■ **Recorded data**:
---*---

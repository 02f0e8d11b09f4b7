-- ===== src/Config/Values/Units.antt =====
-- The spellings of a size: a number, a unit, and what may follow it.
use remote_s3_bucket_plugin.Table.{Text}
use remote_s3_bucket_plugin.Decimal.{format_uint}
use remote_s3_bucket_plugin.Config.Source.{is_space, is_empty, trim_space}
use remote_s3_bucket_plugin.Config.Source.Trim.{last_is, is_edge}
use remote_s3_bucket_plugin.Config.Values.Ends.{
  IsOptional, Spares, strip_last-optional, last-optional, trim_space-tight, named-append,
  first_is-named, format_uint-named, format_uint-ends,
}
use remote_s3_bucket_plugin.Bits.{pow-pos}
use remote_s3_bucket_plugin.Config.Values.{
  Floats, strip_last, last_byte, is_b, is_i, unit_exponent, is_unit, exponent_of, split_size,
  scaled, parse_number, parse_size,
}
use remote_s3_bucket_plugin.Prelude.{
  ℕ, ◌*◌, ◌^◌, ◌<◌, ◌≡◌, refl, sym, subst, ap, ◌∙◌, true, false, some, [], ◌∷◌, ◌++◌, arith,
  append_nil, pos, codes,
}

-- What is relied on of floating-point numbers: they hold the numbers below 2 ^ 53.
pub record ReadsNumbers (fl : Floats) : Type 0 where
  pub value_of : (n : ℕ) → fl.value
  pub reads : (n : ℕ) → n < 2 ^ 53 → fl.parse (format_uint n) ≡ some (value_of n)
  pub natural : (n : ℕ) → fl.negative (value_of n) ≡ false
  pub product : (n m : ℕ) → n * m < 2 ^ 53 → fl.times (value_of n) m ≡ pos (n * m)

no_b_digit : Spares is_b
unfolding is_b
no_b_digit d h = ground arith

no_i_digit : Spares is_i
unfolding is_i
no_i_digit d h = ground arith

no_space_digit : Spares is_edge
unfolding is_edge is_space
no_space_digit d h = ground arith

no_unit_digit : Spares is_unit
unfolding is_unit unit_exponent
no_unit_digit d h = ground arith

unit_or_b : (x : ℕ) → is_unit x ≡ true → (is_b x ≡ false) × (is_i x ≡ false) × (is_edge x ≡ false)
unfolding is_unit unit_exponent is_b is_i is_edge is_space
unit_or_b x h = (ground arith, ground arith, ground arith)

i_or_b : (x : ℕ) → is_i x ≡ true → (is_b x ≡ false) × (is_edge x ≡ false)
unfolding is_i is_b is_edge is_space
i_or_b x h = (ground arith, ground arith)

b_or_space : (x : ℕ) → is_b x ≡ true → is_edge x ≡ false
unfolding is_b is_edge is_space
b_or_space x h = ground arith

-- The power of 2 that a unit stands for.
unfoldable exponent : Text → ℕ
unfolding unit_exponent
exponent [] = 0
exponent (x ∷ xs) = unit_exponent x

no_exponent : (s : Text) → last_is is_unit s ≡ false → exponent_of (last_byte s) ≡ 0
unfolding last_is last_byte exponent_of is_unit
no_exponent [] h = refl
no_exponent (x ∷ []) h = ground arith
no_exponent (x ∷ y ∷ s) h = no_exponent (y ∷ s) h

last_byte-append : (s : Text) (x : ℕ) → last_byte (s ++ x ∷ []) ≡ some x
unfolding last_byte
last_byte-append [] x = refl
last_byte-append (y ∷ []) x = refl
last_byte-append (y ∷ z ∷ s) x = last_byte-append (z ∷ s) x

exponent_lem :
    (s u : Text)
    → IsOptional is_unit u
    → last_is is_unit s ≡ false
    → exponent_of (last_byte (s ++ u)) ≡ exponent u
unfolding IsOptional exponent exponent_of
exponent_lem s [] o h = ap (λ t. exponent_of (last_byte t)) (append_nil s) ∙ no_exponent s h
exponent_lem s (x ∷ []) o h = ap exponent_of (last_byte-append s x)
exponent_lem s (x ∷ y ∷ xs) o h = absurd o

module _ (n : ℕ) (u i b : Text) (unit : IsOptional is_unit u) (after : IsOptional is_i i)
    (bytes : IsOptional is_b b) where
  split_size-spelled :
      split_size (((format_uint n ++ u) ++ i) ++ b) ≡ (format_uint n, 2 ^ exponent u)
  unfolding split_size
  split_size-spelled =
      let d = format_uint n in
      let unit_tail =
        last-optional is_b is_unit d u (λ x h. (unit_or_b x h).0) unit
          (format_uint-ends is_b n no_b_digit).0 in
      let whole =
        strip_last-optional is_b ((d ++ u) ++ i) b bytes
          (last-optional is_b is_i (d ++ u) i (λ x h. (i_or_b x h).0) after unit_tail) in
      let bare = strip_last-optional is_i (d ++ u) i after (
        last-optional is_i is_unit d u (λ x h. (unit_or_b x h).1) unit
          (format_uint-ends is_i n no_i_digit).0) in
      let none_left = (format_uint-ends is_unit n no_unit_digit).0 in
      let t = ap (strip_last is_i) whole ∙ bare in
      ap (λ s. (strip_last is_unit s, 2 ^ exponent_of (last_byte s))) t
      ∙ ap (λ s. (s, 2 ^ exponent_of (last_byte (d ++ u))))
          (strip_last-optional is_unit d u unit none_left)
      ∙ ap (λ e. (d, 2 ^ e)) (exponent_lem d u unit none_left)

  spelled-tight : trim_space (((format_uint n ++ u) ++ i) ++ b) ≡ ((format_uint n ++ u) ++ i) ++ b
  spelled-tight =
      let d = format_uint n in
      let (end, start) = format_uint-ends is_edge n no_space_digit in
      let named = format_uint-named n in
      let named' = named-append d u named in
      trim_space-tight (((d ++ u) ++ i) ++ b)
        (first_is-named is_edge ((d ++ u) ++ i) b (named-append (d ++ u) i named')
          (first_is-named is_edge (d ++ u) i named' (first_is-named is_edge d u named start)))
        (last-optional is_edge is_b ((d ++ u) ++ i) b b_or_space bytes (
          last-optional is_edge is_i (d ++ u) i (λ x h. (i_or_b x h).1) after
            (last-optional is_edge is_unit d u (λ x h. (unit_or_b x h).2) unit end)))

  number-read :
      (fl : Floats)
      → ReadsNumbers fl
      → n * 2 ^ exponent u < 2 ^ 53
      → n < 2 ^ 53
      → parse_number fl (format_uint n, 2 ^ exponent u) ≡ some (pos (n * 2 ^ exponent u))
  unfolding parse_number
  number-read fl r product small =
      let (end, start) = format_uint-ends is_edge n no_space_digit in
      ap (λ t. scaled fl (2 ^ exponent u) (fl.parse t)) (trim_space-tight (format_uint n) start end)
      ∙ ap (scaled fl (2 ^ exponent u)) (r.reads n small)
      ∙ rw (r.natural n) (ap some (r.product n (2 ^ exponent u) product))

  parse_size-exponent :
      (fl : Floats)
      → ReadsNumbers fl
      → n * 2 ^ exponent u < 2 ^ 53
      → parse_size fl (((format_uint n ++ u) ++ i) ++ b) ≡ some (pos (n * 2 ^ exponent u))
  unfolding parse_size
  parse_size-exponent fl r product =
      let small : n < 2 ^ 53 = grind (arith, pow-pos (exponent u)) in
      let d = format_uint n in
      let named : is_empty (((d ++ u) ++ i) ++ b) ≡ false =
        named-append ((d ++ u) ++ i) b
          (named-append (d ++ u) i (named-append d u (format_uint-named n))) in
      rw (spelled-tight, named)
        (ap (parse_number fl) split_size-spelled ∙ number-read fl r product small)

-- What the letters of a unit stand for, in bytes.
pub data IsUnit : Text → ℕ → Type 0 where
  bytes_only : IsUnit [] 1
  kibi : IsUnit (codes "k") 1024
  kibi_upper : IsUnit (codes "K") 1024
  mebi : IsUnit (codes "m") 1048576
  mebi_upper : IsUnit (codes "M") 1048576
  gibi : IsUnit (codes "g") 1073741824
  gibi_upper : IsUnit (codes "G") 1073741824
  tebi : IsUnit (codes "t") 1099511627776
  tebi_upper : IsUnit (codes "T") 1099511627776

-- Nothing, or one letter in either case.
pub data IsLetter (lower upper : ℕ) : Text → Type 0 where
  left_out : IsLetter lower upper []
  in_lower : IsLetter lower upper (lower ∷ [])
  in_upper : IsLetter lower upper (upper ∷ [])

IsUnit_lem : {u : Text} {m : ℕ} → IsUnit u m → IsOptional is_unit u × (2 ^ exponent u ≡ m)
unfolding IsOptional is_unit exponent unit_exponent
IsUnit_lem bytes_only = (tt, refl)
IsUnit_lem kibi = (refl, refl)
IsUnit_lem kibi_upper = (refl, refl)
IsUnit_lem mebi = (refl, refl)
IsUnit_lem mebi_upper = (refl, refl)
IsUnit_lem gibi = (refl, refl)
IsUnit_lem gibi_upper = (refl, refl)
IsUnit_lem tebi = (refl, refl)
IsUnit_lem tebi_upper = (refl, refl)

letter_i : {t : Text} → IsLetter 105 73 t → IsOptional is_i t
unfolding IsOptional is_i
letter_i left_out = tt
letter_i in_lower = refl
letter_i in_upper = refl

letter_b : {t : Text} → IsLetter 98 66 t → IsOptional is_b t
unfolding IsOptional is_b
letter_b left_out = tt
letter_b in_lower = refl
letter_b in_upper = refl

-- A decimal number with nothing or one of the letters k, m, g and t behind it, then nothing or an
-- `i`, and then nothing or a `b`, in either case, is read as that many times 1, 1024, 1024 ^ 2,
-- 1024 ^ 3 or 1024 ^ 4 bytes, if the size is below 2 ^ 53.
pub parse_size-spelled :
    (fl : Floats) (n m : ℕ) (u i b : Text)
    → ReadsNumbers fl
    → IsUnit u m
    → IsLetter 105 73 i
    → IsLetter 98 66 b
    → n * m < 2 ^ 53
    → parse_size fl (((format_uint n ++ u) ++ i) ++ b) ≡ some (pos (n * m))
parse_size-spelled fl n m u i b r unit after bytes small =
    let (known, value) = IsUnit_lem unit in
    let fits : n * 2 ^ exponent u < 2 ^ 53 = subst (λ k. n * k < 2 ^ 53) (sym value) small in
    parse_size-exponent n u i b known (letter_i after) (letter_b bytes) fl r fits
    ∙ ap (λ k. some (pos (n * k))) value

---*---

From the entries above, copy out every line where the string "Spares" appears.

  IsOptional, Spares, strip_last-optional, last-optional, trim_space-tight, named-append,
no_b_digit : Spares is_b
no_i_digit : Spares is_i
no_space_digit : Spares is_edge
no_unit_digit : Spares is_unit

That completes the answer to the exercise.